It's not a case of eat more fat, burn more bodyfat. Obviously neither is the reverse true. Have a read of this, should makes things clearer:

How we get Fat.

Take home points:



> 1. Carbs are rarely converted to fat and stored as such
> 
> 2. When you eat more carbs you burn more carbs and less fat; eat less carbs and you burn less carbs and more fat
> 
> ...


----------



## Ballin (Aug 24, 2011)

I think the main to avoid is Carbs especially ones with a high GI index. In short things like white rice, white pasta, white bread, potatoes, alcohol and fruit juice are the obvious things to cut first.

Didn't touch a drop for the whole time I was on it as I think it's pretty evil stuff when you are on a cut as you crave the kebab after too!


----------



## bayman (Feb 27, 2010)

Ballin said:


> I think the main to avoid is Carbs especially ones with a high GI index. In short things like white rice, white pasta, white bread, potatoes, alcohol and fruit juice are the obvious things to cut first.


This is an ok recommendation, but the thing is high GI doesn't necessarily correlate with bad for you (in terms of health) or bad for fat loss.

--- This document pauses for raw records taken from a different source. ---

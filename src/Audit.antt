-- ===== src/Audit.antt =====
-- marcel/security/audit.py: `AuditSigner` and `AuditLogger`.
pub mod Chain
pub mod Rows
pub mod Append
pub mod Entries
pub mod Tamper
pub mod Counts
pub mod Reorder
mod Tests
use Prim.Native.String.{count}
use marcel_arch.Prelude.{
  ℕ, zero, suc, ◌+◌, String, Bool, true, false, Option, none, some, List, [], ◌∷◌, ◌++◌, ◌==◌, ◌&&◌,
  ◌||◌, not, any, length, ltb, leb, nat_eq, join, str_nat, if◌then◌else◌,
}
use marcel_arch.Prelude.Int.{pos}
use marcel_arch.Prelude.Result.{
  Result, ok, err, value_error, audit_integrity_error, type_error, integrity_error,
}
use marcel_arch.Prelude.Action.{Action, pure, raise_if, gets, modify, ◌>>=◌, ◌>>◌}
use marcel_arch.Value.{Value, null, int, str, dict, Fields, end, field}
use marcel_arch.Models.{AuditLog}
use marcel_arch.World.{World}
use marcel_arch.Digests.{Digests, is_ascii}
use marcel_arch.Json.{canonical_json}

pub record AuditSigner : Type 0 where
  pub key : String

-- `AuditSigner.__init__`
unfoldable pub make_signer : String → Result AuditSigner
make_signer hmac_key =
    if ltb (count hmac_key) 32
    then err (value_error "Audit HMAC key must be at least 32 characters")
    else ok (record { key = hmac_key })

-- `hmac.compare_digest` of two texts, which refuses what is not ASCII.
unfoldable pub compare_digest : String → String → Result Bool
compare_digest a b = if is_ascii a && is_ascii b then ok (a == b) else err type_error

abbrev pub hash_value : Option String → Value
hash_value none = null
hash_value (some hash) = str hash

-- The dict that is written out and hashed, with the text of the time.
unfoldable pub material : ℕ → String → String → Fields → Option String → String → Fields
material sequence event_type actor_id event_payload previous_hash created_at =
    field "sequence_number" (int (pos sequence)) (
      field "event_type" (str event_type) (
        field "actor_id" (str actor_id) (
          field "event_payload" (dict event_payload) (
            field "previous_hash" (hash_value previous_hash)
              (field "created_at" (str created_at) end)))))

unfoldable pub newer : AuditLog → AuditLog → AuditLog
newer best r = if ltb best.sequence_number r.sequence_number then r else best

-- `order_by(AuditLog.sequence_number.desc()).limit(1)`
unfoldable pub last_from : AuditLog → List AuditLog → AuditLog
last_from best [] = best
last_from best (r ∷ rs) = last_from (newer best r) rs

unfoldable pub last_record : List AuditLog → Option AuditLog
unfolding last_from newer
last_record [] = none
last_record (r ∷ rs) = some (last_from r rs)

-- `order_by(AuditLog.sequence_number.asc())`
unfoldable pub insert_record : AuditLog → List AuditLog → List AuditLog
insert_record r [] = r ∷ []
insert_record r (s ∷ rest) =
    if leb r.sequence_number s.sequence_number then r ∷ s ∷ rest else s ∷ insert_record r rest

unfoldable pub by_sequence : List AuditLog → List AuditLog
unfolding insert_record
by_sequence [] = []
by_sequence (r ∷ rs) = insert_record r (by_sequence rs)

-- The two unique columns of the table, which `flush` holds the new row to.
abbrev pub clashes : AuditLog → AuditLog → Bool
clashes new r = nat_eq r.sequence_number new.sequence_number || r.entry_hash == new.entry_hash

abbrev pub next_sequence : Option AuditLog → ℕ
next_sequence none = 1
next_sequence (some previous) = previous.sequence_number + 1

abbrev pub hash_of : Option AuditLog → Option String
hash_of none = none
hash_of (some previous) = some previous.entry_hash

-- `not text or len(text) > 128`
abbrev pub bad_length : String → Bool
bad_length text = text == "" || ltb 128 (count text)

module _ (digests : Digests) (signer : AuditSigner) where
  open digests use {sha256, hmac_sha256, aware_text, loaded_text}

  -- `AuditSigner.sign`
  abbrev pub sign : String → String
  sign payload = hmac_sha256 signer.key payload

  -- `AuditSigner.verify`
  abbrev pub verify : String → String → Result Bool
  verify payload signature = compare_digest (sign payload) signature

  -- The new row.
  unfoldable pub new_record : Option AuditLog → String → String → Fields → ℕ → AuditLog
  unfolding material
  new_record previous event_type actor_id event_payload now =
      let sequence = next_sequence previous in
      let entry_hash = sha256 (
        canonical_json (
          material sequence event_type actor_id event_payload (hash_of previous)
            (aware_text now))) in
      record {
        sequence_number = sequence;
        event_type = event_type;
        actor_id = actor_id;
        event_payload = event_payload;
        previous_hash = hash_of previous;
        entry_hash = entry_hash;
        signature = sign entry_hash;
        created_at = now;
      }

  -- `session.add(record)` and `session.flush()`
  unfoldable pub add_record : {C : Type 0} → AuditLog → Action (World C) AuditLog
  add_record r w =
      if any (clashes r) w.db.audit_logs
      then (err integrity_error, w)
      else (ok r, record w { db = record w.db { audit_logs = w.db.audit_logs ++ r ∷ [] } })

  unfoldable pub append : {C : Type 0} → String → String → Fields → ℕ → Action (World C) AuditLog
  unfolding new_record add_record last_record
  append event_type actor_id event_payload now = do
    raise_if (bad_length event_type) (value_error "event_type must be between 1 and 128 characters")
    raise_if (bad_length actor_id) (value_error "actor_id must be between 1 and 128 characters")
    previous ← gets (λ w. last_record w.db.audit_logs)
    add_record (new_record previous event_type actor_id event_payload now)

  -- `computed_hash` of a row that the database gave back.
  unfoldable pub computed_hash : AuditLog → String
  unfolding material
  computed_hash r = sha256 (
      canonical_json (
        material r.sequence_number r.event_type r.actor_id r.event_payload r.previous_hash
          (loaded_text r.created_at)))

  abbrev pub same_hash : Option String → Option String → Bool
  same_hash none none = true
  same_hash (some a) (some b) = a == b
  same_hash _ _ = false

  -- A digest test of the loop: it raises, or goes on.
  abbrev pub require : String → ℕ → Result Bool → Result ℕ → Result ℕ
  require message sequence (ok true) rest = rest
  require message sequence (ok false) rest =
      err (audit_integrity_error (join (message ∷ str_nat sequence ∷ [])))
  require message sequence (err e) rest = err e

  -- The loop of `verify_chain` from an expected hash, an expected number and a count of rows.
  unfoldable pub verify_from : Option String → ℕ → ℕ → List AuditLog → Result ℕ
  unfolding computed_hash compare_digest
  verify_from previous expected total [] = ok total
  verify_from previous expected total (r ∷ rest) =
      let later = verify_from (some r.entry_hash) (expected + 1) total rest in
      if not (nat_eq r.sequence_number expected)
      then err (
          audit_integrity_error
            (join ("Unexpected audit sequence number " ∷ str_nat r.sequence_number ∷ [])))
      else if not (same_hash r.previous_hash previous)
      then err (
          audit_integrity_error
            (join ("Broken previous hash at sequence " ∷ str_nat r.sequence_number ∷ [])))
      else require "Invalid hash at sequence " r.sequence_number
          (compare_digest (computed_hash r) r.entry_hash)
          (require "Invalid signature at sequence " r.sequence_number
            (verify r.entry_hash r.signature) later)

  unfoldable pub verify_chain : {C : Type 0} → World C → Result ℕ
  unfolding verify_from by_sequence
  verify_chain w =
      let records = by_sequence w.db.audit_logs in verify_from none 1 (length records) records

I'd be inclined to cut things out moreso on their degree of processing than GI, so yes, bin stuff like pasta, bread and other junk by all means.

The likes of white rice and potatoes are FINE though, so long as they fit with your macro and calorie goals for the day.


----------



## bayman (Feb 27, 2010)

chilisi said:


> Learn something new everyday. I thought excess glycogen stored in liver and muscles, if not used would be converted into fat?


It is, but only when you top out glycogen stores, which only happends after a few days of eating well in excess of your normal carb and calorie intake. We're talking a lot of carbs here.

What normally happens when you overeat on carbs is that dietary fat is stored directly as body fat due to raised insulin and blunting fat oxidation. Like it says in the article though, if you drop dietary fat below 10% of total cals then the body just uprates denovo lipogeneisis (making fat from carbs) to compensate.

The above is only ever an issue in calore excess, or on big refeeds to be honest.


----------



## Guest (May 23, 2012)

You don't have much in the way of carbs in that days meal. Are most days like this?

Personally, I'd suggest swapping the whey shake for food, or actually eating another small meal additionally, perhaps an omelette.

Are you taking any supplements? Vitamins? etc.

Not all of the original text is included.